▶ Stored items

.....

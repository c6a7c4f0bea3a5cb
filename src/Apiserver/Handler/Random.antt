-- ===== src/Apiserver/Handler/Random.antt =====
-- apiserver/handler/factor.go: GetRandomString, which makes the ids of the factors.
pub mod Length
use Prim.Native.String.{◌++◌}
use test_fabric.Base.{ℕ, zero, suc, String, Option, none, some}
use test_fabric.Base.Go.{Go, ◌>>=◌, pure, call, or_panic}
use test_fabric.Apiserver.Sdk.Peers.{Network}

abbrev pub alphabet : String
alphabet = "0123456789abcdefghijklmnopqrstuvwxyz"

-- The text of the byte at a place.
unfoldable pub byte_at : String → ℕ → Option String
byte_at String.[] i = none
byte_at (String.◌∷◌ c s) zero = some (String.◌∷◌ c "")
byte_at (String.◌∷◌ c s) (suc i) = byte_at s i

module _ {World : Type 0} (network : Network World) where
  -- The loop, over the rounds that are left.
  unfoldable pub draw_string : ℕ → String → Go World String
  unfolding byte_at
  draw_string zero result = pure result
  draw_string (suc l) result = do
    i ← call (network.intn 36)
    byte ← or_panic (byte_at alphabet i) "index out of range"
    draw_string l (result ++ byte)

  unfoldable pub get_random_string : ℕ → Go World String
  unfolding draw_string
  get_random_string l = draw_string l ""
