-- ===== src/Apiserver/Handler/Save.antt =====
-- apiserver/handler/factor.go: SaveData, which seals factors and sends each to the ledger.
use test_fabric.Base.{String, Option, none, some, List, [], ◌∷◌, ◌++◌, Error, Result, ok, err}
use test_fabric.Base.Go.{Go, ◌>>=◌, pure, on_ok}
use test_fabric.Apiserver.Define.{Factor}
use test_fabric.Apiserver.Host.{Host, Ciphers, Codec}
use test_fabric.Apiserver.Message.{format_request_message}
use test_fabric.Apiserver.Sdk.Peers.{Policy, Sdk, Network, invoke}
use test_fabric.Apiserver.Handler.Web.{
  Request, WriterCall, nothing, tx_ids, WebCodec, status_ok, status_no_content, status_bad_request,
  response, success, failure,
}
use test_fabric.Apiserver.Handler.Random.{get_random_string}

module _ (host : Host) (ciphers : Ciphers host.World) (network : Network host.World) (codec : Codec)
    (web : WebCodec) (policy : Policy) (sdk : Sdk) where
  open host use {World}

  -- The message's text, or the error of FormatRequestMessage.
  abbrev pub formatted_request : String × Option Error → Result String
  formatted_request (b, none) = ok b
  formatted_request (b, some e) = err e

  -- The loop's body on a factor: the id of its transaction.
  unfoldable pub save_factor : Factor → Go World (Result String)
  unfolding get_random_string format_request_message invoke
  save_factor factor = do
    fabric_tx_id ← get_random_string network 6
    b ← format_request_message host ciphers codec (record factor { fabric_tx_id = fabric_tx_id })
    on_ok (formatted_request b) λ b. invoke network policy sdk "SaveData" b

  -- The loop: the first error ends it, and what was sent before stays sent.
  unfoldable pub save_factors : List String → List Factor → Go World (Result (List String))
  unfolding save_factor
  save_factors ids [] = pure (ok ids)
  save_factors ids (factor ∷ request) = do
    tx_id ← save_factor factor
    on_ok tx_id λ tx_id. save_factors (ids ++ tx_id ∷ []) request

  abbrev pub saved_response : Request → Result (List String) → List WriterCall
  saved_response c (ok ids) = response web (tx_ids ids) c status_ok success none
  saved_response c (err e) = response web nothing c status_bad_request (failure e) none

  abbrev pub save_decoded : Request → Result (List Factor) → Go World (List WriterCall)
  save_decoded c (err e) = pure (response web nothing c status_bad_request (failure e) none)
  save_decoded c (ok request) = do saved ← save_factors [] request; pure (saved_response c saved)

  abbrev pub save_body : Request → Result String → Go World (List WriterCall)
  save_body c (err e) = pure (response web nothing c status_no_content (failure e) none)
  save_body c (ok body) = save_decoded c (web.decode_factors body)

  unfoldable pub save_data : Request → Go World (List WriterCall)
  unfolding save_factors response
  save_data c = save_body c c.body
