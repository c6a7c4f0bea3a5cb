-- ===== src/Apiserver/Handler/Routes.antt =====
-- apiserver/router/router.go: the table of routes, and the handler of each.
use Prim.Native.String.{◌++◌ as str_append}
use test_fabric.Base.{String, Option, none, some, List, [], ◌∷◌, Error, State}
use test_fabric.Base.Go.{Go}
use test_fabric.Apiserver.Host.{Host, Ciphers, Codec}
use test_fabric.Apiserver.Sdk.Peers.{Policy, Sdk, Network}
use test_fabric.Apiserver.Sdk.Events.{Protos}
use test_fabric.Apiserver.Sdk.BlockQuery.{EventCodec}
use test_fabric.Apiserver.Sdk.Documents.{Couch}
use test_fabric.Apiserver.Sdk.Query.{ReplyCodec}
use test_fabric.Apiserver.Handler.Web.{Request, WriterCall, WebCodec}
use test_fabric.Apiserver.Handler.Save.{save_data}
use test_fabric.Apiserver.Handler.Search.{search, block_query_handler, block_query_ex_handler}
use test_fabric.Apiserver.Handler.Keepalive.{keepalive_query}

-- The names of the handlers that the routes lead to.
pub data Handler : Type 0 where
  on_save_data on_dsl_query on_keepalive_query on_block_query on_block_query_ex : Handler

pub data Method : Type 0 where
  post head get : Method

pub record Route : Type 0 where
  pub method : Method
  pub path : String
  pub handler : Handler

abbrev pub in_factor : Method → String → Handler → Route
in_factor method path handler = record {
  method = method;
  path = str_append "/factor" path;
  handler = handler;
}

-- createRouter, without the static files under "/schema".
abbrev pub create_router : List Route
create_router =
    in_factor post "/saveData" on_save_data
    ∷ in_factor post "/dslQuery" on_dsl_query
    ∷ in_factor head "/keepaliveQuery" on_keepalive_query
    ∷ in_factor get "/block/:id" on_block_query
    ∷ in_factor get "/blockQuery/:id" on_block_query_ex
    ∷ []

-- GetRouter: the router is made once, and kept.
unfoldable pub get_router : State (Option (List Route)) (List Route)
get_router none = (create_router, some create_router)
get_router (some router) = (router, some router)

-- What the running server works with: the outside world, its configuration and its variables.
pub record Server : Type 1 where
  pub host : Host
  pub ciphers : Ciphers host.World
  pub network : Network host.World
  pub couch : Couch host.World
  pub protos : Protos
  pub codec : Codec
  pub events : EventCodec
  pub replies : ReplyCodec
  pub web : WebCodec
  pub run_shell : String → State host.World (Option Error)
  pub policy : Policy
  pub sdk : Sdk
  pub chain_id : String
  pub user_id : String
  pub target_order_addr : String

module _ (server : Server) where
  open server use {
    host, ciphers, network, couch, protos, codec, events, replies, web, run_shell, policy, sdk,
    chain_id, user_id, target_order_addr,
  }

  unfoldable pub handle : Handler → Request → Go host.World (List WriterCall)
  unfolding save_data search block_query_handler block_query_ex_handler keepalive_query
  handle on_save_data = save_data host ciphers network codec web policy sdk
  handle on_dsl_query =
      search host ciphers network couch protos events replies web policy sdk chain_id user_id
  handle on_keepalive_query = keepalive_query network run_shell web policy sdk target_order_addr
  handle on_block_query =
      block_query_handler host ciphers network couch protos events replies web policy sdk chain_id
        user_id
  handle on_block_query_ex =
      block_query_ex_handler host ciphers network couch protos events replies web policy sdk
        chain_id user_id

.....

▶ INSTRUCTIONS FOR THE TASK
Write every record out again, unaltered.

▶ EXPECTED OUTPUT
repository c6a7c4f0bea3a5cb
filename src/Apiserver/Handler/Random.antt
-- ===== src/Apiserver/Handler/Random.antt =====
-- apiserver/handler/factor.go: GetRandomString, which makes the ids of the factors.
pub mod Length
use Prim.Native.String.{◌++◌}
use test_fabric.Base.{ℕ, zero, suc, String, Option, none, some}
use test_fabric.Base.Go.{Go, ◌>>=◌, pure, call, or_panic}
use test_fabric.Apiserver.Sdk.Peers.{Network}

abbrev pub alphabet : String
alphabet = "0123456789abcdefghijklmnopqrstuvwxyz"

-- The text of the byte at a place.
unfoldable pub byte_at : String → ℕ → Option String
byte_at String.[] i = none
byte_at (String.◌∷◌ c s) zero = some (String.◌∷◌ c "")
byte_at (String.◌∷◌ c s) (suc i) = byte_at s i

module _ {World : Type 0} (network : Network World) where
  -- The loop, over the rounds that are left.
  unfoldable pub draw_string : ℕ → String → Go World String
  unfolding byte_at
  draw_string zero result = pure result
  draw_string (suc l) result = do
    i ← call (network.intn 36)
    byte ← or_panic (byte_at alphabet i) "index out of range"
    draw_string l (result ++ byte)

  unfoldable pub get_random_string : ℕ → Go World String
  unfolding draw_string
  get_random_string l = draw_string l ""
-- ===== src/Apiserver/Handler/Save.antt =====
-- apiserver/handler/factor.go: SaveData, which seals factors and sends each to the ledger.
use test_fabric.Base.{String, Option, none, some, List, [], ◌∷◌, ◌++◌, Error, Result, ok, err}
use test_fabric.Base.Go.{Go, ◌>>=◌, pure, on_ok}
use test_fabric.Apiserver.Define.{Factor}
use test_fabric.Apiserver.Host.{Host, Ciphers, Codec}
use test_fabric.Apiserver.Message.{format_request_message}
use test_fabric.Apiserver.Sdk.Peers.{Policy, Sdk, Network, invoke}
use test_fabric.Apiserver.Handler.Web.{
  Request, WriterCall, nothing, tx_ids, WebCodec, status_ok, status_no_content, status_bad_request,
  response, success, failure,
}
use test_fabric.Apiserver.Handler.Random.{get_random_string}

module _ (host : Host) (ciphers : Ciphers host.World) (network : Network host.World) (codec : Codec)
    (web : WebCodec) (policy : Policy) (sdk : Sdk) where
  open host use {World}

  -- The message's text, or the error of FormatRequestMessage.
  abbrev pub formatted_request : String × Option Error → Result String
  formatted_request (b, none) = ok b
  formatted_request (b, some e) = err e

  -- The loop's body on a factor: the id of its transaction.
  unfoldable pub save_factor : Factor → Go World (Result String)
  unfolding get_random_string format_request_message invoke
  save_factor factor = do
    fabric_tx_id ← get_random_string network 6
    b ← format_request_message host ciphers codec (record factor { fabric_tx_id = fabric_tx_id })
    on_ok (formatted_request b) λ b. invoke network policy sdk "SaveData" b

  -- The loop: the first error ends it, and what was sent before stays sent.
  unfoldable pub save_factors : List String → List Factor → Go World (Result (List String))
  unfolding save_factor
  save_factors ids [] = pure (ok ids)
  save_factors ids (factor ∷ request) = do
    tx_id ← save_factor factor
    on_ok tx_id λ tx_id. save_factors (ids ++ tx_id ∷ []) request

  abbrev pub saved_response : Request → Result (List String) → List WriterCall
  saved_response c (ok ids) = response web (tx_ids ids) c status_ok success none
  saved_response c (err e) = response web nothing c status_bad_request (failure e) none

  abbrev pub save_decoded : Request → Result (List Factor) → Go World (List WriterCall)
  save_decoded c (err e) = pure (response web nothing c status_bad_request (failure e) none)
  save_decoded c (ok request) = do saved ← save_factors [] request; pure (saved_response c saved)

  abbrev pub save_body : Request → Result String → Go World (List WriterCall)
  save_body c (err e) = pure (response web nothing c status_no_content (failure e) none)
  save_body c (ok body) = save_decoded c (web.decode_factors body)

  unfoldable pub save_data : Request → Go World (List WriterCall)
  unfolding save_factors response
  save_data c = save_body c c.body
repository c6a7c4f0bea3a5cb
-- ===== src/Apiserver/Handler/Routes.antt =====
-- apiserver/router/router.go: the table of routes, and the handler of each.
use Prim.Native.String.{◌++◌ as str_append}
use test_fabric.Base.{String, Option, none, some, List, [], ◌∷◌, Error, State}
use test_fabric.Base.Go.{Go}
use test_fabric.Apiserver.Host.{Host, Ciphers, Codec}
use test_fabric.Apiserver.Sdk.Peers.{Policy, Sdk, Network}
use test_fabric.Apiserver.Sdk.Events.{Protos}
use test_fabric.Apiserver.Sdk.BlockQuery.{EventCodec}
use test_fabric.Apiserver.Sdk.Documents.{Couch}
use test_fabric.Apiserver.Sdk.Query.{ReplyCodec}
use test_fabric.Apiserver.Handler.Web.{Request, WriterCall, WebCodec}
use test_fabric.Apiserver.Handler.Save.{save_data}
use test_fabric.Apiserver.Handler.Search.{search, block_query_handler, block_query_ex_handler}
use test_fabric.Apiserver.Handler.Keepalive.{keepalive_query}

-- The names of the handlers that the routes lead to.
pub data Handler : Type 0 where
  on_save_data on_dsl_query on_keepalive_query on_block_query on_block_query_ex : Handler

pub data Method : Type 0 where
  post head get : Method

pub record Route : Type 0 where
  pub method : Method
  pub path : String
  pub handler : Handler

abbrev pub in_factor : Method → String → Handler → Route
in_factor method path handler = record {
  method = method;
  path = str_append "/factor" path;
  handler = handler;
}

-- createRouter, without the static files under "/schema".
abbrev pub create_router : List Route
create_router =
    in_factor post "/saveData" on_save_data
    ∷ in_factor post "/dslQuery" on_dsl_query
    ∷ in_factor head "/keepaliveQuery" on_keepalive_query
    ∷ in_factor get "/block/:id" on_block_query
    ∷ in_factor get "/blockQuery/:id" on_block_query_ex
    ∷ []

-- GetRouter: the router is made once, and kept.
unfoldable pub get_router : State (Option (List Route)) (List Route)
get_router none = (create_router, some create_router)
get_router (some router) = (router, some router)

-- What the running server works with: the outside world, its configuration and its variables.
pub record Server : Type 1 where
  pub host : Host
  pub ciphers : Ciphers host.World
  pub network : Network host.World
  pub couch : Couch host.World
  pub protos : Protos
  pub codec : Codec
  pub events : EventCodec
  pub replies : ReplyCodec
  pub web : WebCodec
  pub run_shell : String → State host.World (Option Error)
  pub policy : Policy
  pub sdk : Sdk
  pub chain_id : String
  pub user_id : String
  pub target_order_addr : String

module _ (server : Server) where
  open server use {
    host, ciphers, network, couch, protos, codec, events, replies, web, run_shell, policy, sdk,
    chain_id, user_id, target_order_addr,
  }

  unfoldable pub handle : Handler → Request → Go host.World (List WriterCall)
  unfolding save_data search block_query_handler block_query_ex_handler keepalive_query
  handle on_save_data = save_data host ciphers network codec web policy sdk
  handle on_dsl_query =
      search host ciphers network couch protos events replies web policy sdk chain_id user_id
  handle on_keepalive_query = keepalive_query network run_shell web policy sdk target_order_addr
  handle on_block_query =
      block_query_handler host ciphers network couch protos events replies web policy sdk chain_id
        user_id
  handle on_block_query_ex =
      block_query_ex_handler host ciphers network couch protos events replies web policy sdk
        chain_id user_id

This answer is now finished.